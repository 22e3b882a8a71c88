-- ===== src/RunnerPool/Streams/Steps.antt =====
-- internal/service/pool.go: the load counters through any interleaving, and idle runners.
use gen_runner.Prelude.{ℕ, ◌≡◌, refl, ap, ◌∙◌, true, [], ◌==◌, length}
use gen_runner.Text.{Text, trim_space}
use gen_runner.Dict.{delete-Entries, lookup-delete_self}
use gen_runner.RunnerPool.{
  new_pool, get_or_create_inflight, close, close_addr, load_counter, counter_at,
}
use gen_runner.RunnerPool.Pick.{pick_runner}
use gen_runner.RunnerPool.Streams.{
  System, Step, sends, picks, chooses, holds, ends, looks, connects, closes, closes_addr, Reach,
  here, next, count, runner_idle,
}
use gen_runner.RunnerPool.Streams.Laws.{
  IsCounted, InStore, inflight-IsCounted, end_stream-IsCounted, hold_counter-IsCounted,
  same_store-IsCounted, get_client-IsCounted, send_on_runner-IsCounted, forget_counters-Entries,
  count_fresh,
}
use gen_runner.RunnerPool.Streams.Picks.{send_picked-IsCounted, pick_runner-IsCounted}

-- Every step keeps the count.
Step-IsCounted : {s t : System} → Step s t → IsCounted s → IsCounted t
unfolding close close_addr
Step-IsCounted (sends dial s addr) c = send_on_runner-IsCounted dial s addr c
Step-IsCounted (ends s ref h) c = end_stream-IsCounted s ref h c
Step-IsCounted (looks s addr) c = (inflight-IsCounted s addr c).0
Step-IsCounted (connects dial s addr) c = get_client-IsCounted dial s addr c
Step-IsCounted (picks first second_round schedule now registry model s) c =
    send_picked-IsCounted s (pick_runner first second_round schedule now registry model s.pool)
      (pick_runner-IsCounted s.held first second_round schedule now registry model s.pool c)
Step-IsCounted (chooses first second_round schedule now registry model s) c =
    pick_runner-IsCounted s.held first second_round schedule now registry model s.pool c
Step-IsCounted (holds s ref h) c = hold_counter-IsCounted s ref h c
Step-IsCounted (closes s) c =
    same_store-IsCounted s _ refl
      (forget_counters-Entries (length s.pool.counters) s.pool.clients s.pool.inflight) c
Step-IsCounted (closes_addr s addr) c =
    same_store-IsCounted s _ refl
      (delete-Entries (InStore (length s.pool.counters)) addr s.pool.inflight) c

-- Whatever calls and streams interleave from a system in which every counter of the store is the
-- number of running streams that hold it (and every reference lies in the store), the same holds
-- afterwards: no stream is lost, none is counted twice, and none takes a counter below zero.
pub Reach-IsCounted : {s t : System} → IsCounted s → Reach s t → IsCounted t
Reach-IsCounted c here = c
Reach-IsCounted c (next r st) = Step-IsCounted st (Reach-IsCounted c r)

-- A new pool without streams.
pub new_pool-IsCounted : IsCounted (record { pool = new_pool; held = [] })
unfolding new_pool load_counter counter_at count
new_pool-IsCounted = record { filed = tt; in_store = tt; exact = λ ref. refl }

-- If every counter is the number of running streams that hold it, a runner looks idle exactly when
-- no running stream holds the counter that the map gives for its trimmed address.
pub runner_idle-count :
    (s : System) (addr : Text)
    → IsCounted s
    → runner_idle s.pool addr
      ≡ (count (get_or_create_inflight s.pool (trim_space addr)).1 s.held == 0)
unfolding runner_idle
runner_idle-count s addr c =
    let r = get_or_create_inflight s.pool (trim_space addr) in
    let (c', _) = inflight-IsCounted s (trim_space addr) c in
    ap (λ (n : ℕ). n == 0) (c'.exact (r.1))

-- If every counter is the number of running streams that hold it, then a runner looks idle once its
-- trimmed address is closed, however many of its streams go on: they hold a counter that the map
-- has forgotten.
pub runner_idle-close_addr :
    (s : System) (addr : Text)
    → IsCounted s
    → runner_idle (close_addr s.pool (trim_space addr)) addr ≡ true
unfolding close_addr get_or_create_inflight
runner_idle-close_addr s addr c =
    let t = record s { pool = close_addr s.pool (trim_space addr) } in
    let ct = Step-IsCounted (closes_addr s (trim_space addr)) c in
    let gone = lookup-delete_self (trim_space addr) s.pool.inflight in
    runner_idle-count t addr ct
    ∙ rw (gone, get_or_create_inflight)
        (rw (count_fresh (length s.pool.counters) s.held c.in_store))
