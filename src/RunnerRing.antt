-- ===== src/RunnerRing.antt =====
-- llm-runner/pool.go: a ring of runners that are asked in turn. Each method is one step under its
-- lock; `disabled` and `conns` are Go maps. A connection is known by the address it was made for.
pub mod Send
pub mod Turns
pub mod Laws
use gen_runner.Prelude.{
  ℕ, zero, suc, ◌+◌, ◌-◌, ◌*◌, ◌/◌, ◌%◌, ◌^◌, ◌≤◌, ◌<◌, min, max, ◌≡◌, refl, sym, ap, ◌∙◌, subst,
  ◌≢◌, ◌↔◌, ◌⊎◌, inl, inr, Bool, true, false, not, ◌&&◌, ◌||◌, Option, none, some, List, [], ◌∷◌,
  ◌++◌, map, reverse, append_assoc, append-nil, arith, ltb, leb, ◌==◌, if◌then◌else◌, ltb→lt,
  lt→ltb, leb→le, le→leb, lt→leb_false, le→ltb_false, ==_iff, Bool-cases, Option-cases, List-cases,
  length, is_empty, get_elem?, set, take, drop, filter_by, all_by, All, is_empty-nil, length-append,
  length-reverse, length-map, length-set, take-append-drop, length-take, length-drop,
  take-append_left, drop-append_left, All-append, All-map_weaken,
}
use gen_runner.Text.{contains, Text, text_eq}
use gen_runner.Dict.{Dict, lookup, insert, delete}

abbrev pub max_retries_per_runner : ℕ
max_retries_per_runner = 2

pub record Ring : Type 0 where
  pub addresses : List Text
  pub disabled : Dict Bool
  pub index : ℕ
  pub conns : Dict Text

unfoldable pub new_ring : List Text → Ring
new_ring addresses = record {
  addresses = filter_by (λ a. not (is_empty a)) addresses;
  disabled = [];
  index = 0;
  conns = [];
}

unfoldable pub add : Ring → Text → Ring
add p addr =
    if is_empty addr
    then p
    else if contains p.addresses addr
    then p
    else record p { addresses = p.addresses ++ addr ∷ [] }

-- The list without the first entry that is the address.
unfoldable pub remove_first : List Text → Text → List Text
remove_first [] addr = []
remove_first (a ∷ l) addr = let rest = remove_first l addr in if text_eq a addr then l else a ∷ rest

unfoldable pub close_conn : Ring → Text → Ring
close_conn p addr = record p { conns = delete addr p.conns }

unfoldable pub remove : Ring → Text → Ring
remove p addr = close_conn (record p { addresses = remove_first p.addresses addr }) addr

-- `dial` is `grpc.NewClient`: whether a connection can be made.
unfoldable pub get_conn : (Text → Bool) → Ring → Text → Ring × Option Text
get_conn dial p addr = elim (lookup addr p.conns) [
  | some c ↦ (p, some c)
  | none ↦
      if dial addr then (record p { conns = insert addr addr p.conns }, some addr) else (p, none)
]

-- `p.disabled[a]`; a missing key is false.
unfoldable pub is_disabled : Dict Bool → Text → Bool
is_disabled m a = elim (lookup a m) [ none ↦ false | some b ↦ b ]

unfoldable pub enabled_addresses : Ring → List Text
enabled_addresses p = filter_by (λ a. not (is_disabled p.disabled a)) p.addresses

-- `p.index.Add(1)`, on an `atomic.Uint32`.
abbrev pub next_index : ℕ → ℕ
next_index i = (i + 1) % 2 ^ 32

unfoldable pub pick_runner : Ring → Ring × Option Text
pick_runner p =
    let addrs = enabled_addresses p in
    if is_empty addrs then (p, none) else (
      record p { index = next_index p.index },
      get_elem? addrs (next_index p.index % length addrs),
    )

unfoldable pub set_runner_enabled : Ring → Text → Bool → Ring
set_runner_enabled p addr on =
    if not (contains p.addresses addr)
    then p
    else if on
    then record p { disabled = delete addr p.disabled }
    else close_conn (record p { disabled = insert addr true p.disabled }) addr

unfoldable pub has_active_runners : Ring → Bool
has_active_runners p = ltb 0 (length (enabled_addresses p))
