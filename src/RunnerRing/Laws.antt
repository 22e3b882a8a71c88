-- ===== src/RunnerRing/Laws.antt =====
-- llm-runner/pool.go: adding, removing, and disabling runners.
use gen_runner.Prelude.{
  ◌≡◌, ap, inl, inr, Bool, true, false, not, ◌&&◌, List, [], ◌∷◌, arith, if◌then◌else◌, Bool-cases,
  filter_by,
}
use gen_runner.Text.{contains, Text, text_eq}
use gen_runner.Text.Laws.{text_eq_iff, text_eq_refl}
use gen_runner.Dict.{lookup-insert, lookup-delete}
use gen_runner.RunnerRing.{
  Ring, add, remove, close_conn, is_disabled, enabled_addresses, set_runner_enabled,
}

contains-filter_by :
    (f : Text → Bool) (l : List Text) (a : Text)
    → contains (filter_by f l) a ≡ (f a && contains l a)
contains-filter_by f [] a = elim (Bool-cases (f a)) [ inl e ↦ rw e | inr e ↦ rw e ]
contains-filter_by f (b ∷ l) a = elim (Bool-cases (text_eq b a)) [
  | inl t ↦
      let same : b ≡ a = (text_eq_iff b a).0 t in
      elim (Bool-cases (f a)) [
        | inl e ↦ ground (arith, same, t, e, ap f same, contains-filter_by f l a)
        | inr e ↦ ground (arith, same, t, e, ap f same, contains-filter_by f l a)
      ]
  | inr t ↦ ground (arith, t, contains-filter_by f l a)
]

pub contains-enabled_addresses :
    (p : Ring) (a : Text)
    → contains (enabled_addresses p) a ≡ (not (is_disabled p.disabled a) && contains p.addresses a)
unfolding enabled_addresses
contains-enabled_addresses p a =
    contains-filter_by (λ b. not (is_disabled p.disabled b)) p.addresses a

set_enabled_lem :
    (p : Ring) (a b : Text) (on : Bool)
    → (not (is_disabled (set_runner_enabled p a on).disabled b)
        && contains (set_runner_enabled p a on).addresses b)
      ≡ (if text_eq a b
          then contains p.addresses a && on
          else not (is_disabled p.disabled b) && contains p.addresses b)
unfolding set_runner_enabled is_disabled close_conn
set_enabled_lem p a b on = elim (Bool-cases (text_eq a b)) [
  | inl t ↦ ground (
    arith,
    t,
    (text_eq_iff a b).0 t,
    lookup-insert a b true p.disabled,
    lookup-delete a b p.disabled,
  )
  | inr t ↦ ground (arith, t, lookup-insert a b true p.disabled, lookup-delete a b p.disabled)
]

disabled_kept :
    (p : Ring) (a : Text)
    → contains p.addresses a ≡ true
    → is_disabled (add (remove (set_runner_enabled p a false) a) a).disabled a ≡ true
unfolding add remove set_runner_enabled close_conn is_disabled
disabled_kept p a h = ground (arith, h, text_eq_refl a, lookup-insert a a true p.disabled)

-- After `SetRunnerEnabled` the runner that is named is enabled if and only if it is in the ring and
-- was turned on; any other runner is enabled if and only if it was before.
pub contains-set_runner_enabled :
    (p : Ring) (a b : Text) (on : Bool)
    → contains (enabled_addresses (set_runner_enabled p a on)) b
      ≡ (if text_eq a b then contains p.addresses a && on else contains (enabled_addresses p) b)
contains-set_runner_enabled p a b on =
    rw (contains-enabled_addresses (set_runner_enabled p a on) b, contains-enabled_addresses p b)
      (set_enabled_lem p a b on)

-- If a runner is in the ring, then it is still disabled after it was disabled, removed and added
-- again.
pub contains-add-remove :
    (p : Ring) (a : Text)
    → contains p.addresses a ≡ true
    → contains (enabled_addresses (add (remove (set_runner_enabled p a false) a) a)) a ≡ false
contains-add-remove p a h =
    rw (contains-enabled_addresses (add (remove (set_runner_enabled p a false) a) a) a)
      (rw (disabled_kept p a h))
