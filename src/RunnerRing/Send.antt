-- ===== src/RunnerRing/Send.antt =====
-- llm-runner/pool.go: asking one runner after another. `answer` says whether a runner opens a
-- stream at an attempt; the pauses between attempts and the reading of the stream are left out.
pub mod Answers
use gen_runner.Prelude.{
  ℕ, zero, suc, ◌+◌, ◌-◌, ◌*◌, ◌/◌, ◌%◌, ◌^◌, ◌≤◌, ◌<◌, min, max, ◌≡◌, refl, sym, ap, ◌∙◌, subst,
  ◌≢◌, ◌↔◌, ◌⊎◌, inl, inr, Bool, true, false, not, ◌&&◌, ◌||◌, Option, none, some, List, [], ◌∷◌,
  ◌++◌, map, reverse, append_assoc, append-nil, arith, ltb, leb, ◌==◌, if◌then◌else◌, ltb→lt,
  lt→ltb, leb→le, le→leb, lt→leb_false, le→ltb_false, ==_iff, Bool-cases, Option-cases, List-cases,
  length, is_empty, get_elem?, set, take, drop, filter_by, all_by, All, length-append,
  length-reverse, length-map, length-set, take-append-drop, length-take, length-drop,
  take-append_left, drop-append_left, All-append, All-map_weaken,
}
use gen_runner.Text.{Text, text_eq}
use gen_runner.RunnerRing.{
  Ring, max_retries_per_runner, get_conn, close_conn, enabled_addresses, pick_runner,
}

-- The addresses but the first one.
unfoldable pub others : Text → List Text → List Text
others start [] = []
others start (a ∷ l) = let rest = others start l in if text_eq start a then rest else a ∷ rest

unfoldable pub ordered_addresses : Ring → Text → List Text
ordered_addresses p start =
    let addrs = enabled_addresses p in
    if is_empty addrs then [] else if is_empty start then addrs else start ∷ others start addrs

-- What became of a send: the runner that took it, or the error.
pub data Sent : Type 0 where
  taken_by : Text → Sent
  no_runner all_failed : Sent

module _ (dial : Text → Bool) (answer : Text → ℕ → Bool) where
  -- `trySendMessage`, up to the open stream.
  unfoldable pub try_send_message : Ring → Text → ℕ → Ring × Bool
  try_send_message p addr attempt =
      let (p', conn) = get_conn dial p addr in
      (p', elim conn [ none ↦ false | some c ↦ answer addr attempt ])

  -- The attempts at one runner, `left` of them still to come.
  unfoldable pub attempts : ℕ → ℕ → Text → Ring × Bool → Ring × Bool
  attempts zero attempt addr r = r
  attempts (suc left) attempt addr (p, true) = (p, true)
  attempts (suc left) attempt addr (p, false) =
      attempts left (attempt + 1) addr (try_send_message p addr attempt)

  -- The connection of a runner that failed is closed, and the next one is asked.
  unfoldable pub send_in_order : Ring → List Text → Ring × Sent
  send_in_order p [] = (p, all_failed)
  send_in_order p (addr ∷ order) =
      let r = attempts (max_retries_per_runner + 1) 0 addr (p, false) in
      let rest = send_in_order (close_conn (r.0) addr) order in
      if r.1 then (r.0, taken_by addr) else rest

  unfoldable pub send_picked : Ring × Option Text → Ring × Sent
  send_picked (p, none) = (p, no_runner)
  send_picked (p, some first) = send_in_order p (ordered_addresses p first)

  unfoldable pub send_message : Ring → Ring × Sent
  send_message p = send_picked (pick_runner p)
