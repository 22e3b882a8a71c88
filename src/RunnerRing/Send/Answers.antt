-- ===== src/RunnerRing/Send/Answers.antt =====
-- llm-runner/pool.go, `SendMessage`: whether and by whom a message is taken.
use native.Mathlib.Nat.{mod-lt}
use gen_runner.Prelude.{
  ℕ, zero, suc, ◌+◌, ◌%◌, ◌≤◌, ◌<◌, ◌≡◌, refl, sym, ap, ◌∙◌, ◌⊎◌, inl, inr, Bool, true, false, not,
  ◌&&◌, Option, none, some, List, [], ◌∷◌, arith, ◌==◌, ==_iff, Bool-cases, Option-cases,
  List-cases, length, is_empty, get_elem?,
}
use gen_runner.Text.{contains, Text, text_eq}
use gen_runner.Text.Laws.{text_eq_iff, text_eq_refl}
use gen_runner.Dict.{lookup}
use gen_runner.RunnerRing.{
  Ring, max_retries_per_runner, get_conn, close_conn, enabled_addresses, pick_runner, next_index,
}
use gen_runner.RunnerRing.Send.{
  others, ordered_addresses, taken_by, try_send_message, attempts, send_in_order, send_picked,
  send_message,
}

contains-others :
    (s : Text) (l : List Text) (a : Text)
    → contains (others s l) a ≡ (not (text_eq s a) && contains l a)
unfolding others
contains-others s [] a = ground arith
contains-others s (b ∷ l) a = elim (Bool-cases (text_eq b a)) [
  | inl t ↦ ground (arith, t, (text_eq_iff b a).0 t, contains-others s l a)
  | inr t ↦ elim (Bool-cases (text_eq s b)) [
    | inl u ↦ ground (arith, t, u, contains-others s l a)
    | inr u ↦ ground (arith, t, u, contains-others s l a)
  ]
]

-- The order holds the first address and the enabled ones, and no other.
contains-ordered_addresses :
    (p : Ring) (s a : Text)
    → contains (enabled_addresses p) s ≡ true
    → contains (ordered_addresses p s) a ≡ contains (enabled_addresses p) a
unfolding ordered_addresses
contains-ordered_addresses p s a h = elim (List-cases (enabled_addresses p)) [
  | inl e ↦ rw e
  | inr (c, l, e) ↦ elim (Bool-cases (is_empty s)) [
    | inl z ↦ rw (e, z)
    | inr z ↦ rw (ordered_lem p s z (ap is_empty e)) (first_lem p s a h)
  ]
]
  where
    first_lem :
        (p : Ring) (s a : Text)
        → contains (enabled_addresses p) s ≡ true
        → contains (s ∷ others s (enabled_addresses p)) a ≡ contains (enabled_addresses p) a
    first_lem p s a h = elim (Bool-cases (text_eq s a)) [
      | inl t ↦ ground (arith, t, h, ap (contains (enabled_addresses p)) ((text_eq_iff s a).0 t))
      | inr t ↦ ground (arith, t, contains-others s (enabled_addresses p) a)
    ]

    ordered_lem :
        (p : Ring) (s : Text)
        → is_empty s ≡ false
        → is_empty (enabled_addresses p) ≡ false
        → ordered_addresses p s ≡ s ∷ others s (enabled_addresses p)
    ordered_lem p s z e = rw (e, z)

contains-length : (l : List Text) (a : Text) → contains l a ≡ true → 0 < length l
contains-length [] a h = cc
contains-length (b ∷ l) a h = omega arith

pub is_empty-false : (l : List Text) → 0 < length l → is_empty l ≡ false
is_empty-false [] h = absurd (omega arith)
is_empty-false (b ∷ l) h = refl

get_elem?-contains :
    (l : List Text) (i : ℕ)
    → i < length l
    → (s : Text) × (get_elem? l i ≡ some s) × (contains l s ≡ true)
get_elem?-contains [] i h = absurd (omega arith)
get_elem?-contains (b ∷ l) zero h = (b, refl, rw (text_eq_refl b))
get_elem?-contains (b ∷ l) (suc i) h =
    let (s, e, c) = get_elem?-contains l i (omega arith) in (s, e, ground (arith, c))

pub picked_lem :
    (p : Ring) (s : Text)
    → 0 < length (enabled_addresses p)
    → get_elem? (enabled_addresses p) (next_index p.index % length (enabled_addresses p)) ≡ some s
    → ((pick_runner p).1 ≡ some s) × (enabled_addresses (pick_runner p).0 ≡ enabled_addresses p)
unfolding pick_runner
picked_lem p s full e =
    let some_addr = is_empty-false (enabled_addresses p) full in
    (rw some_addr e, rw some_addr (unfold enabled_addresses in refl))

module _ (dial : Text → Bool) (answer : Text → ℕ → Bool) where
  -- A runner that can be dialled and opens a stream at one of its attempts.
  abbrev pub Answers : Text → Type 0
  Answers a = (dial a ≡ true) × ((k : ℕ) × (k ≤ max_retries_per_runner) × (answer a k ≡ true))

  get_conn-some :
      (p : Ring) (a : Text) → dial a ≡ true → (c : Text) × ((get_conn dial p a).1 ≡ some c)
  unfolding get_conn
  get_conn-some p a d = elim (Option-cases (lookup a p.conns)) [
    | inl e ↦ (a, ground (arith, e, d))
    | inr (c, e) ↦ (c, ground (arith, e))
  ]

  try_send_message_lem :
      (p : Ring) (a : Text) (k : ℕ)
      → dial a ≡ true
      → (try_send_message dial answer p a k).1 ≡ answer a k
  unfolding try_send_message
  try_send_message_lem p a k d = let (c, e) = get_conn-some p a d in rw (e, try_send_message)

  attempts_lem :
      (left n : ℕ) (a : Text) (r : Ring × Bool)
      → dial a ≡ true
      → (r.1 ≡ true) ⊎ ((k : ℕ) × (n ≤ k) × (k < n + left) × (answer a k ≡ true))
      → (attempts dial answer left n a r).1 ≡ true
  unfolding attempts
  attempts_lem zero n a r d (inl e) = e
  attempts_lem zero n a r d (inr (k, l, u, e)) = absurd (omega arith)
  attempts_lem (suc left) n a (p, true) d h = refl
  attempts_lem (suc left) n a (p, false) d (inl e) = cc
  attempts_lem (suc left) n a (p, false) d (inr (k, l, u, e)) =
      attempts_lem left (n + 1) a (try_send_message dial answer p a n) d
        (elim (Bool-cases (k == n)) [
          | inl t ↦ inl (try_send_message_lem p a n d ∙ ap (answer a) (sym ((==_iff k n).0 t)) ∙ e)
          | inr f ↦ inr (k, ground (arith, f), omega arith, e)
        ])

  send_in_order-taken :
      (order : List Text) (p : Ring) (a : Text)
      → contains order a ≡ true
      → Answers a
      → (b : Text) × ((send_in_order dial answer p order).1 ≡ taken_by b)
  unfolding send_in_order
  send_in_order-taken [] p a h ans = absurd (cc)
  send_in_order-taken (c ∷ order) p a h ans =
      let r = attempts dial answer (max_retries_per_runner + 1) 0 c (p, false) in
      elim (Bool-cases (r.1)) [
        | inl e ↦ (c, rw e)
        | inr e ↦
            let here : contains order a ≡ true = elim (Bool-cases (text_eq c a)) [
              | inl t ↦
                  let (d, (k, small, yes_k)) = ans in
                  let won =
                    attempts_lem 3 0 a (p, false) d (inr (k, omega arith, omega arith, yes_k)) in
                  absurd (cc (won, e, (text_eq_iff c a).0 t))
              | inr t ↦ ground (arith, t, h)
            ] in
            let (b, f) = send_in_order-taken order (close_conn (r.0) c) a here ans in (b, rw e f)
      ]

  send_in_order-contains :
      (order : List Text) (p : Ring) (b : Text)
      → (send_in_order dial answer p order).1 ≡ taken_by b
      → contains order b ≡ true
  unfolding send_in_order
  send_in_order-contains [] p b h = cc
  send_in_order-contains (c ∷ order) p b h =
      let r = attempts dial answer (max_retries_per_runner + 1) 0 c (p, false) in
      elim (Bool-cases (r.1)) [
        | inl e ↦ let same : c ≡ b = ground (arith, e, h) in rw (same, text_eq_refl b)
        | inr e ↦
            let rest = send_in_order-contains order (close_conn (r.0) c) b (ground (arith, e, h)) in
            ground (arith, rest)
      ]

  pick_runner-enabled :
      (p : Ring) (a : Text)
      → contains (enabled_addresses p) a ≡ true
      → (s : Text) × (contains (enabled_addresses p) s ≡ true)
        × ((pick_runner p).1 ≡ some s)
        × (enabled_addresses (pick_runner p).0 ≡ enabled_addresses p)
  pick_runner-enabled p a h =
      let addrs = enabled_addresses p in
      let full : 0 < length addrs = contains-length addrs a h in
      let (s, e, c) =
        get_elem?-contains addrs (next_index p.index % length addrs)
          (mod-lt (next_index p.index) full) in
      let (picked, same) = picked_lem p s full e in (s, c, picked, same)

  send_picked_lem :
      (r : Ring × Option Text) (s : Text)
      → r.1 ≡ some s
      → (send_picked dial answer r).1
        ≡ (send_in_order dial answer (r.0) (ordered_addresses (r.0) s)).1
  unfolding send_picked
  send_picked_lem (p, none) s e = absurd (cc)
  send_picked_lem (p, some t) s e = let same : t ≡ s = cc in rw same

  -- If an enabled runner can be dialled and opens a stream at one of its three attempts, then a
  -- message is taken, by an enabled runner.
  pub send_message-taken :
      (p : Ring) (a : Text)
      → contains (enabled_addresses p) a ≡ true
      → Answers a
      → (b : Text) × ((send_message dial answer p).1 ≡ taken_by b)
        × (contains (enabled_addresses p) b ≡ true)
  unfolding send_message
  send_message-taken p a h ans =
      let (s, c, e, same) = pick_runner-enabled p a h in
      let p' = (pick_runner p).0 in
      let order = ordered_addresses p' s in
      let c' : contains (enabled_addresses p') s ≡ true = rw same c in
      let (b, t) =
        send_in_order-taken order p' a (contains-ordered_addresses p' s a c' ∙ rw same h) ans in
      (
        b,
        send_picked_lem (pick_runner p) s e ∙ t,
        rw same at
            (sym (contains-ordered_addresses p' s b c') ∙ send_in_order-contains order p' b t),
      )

***

_TASK INSTRUCTIONS_: Work out how many lines in the data hold the word "running"; reply with the number alone.

_ANSWER_: 4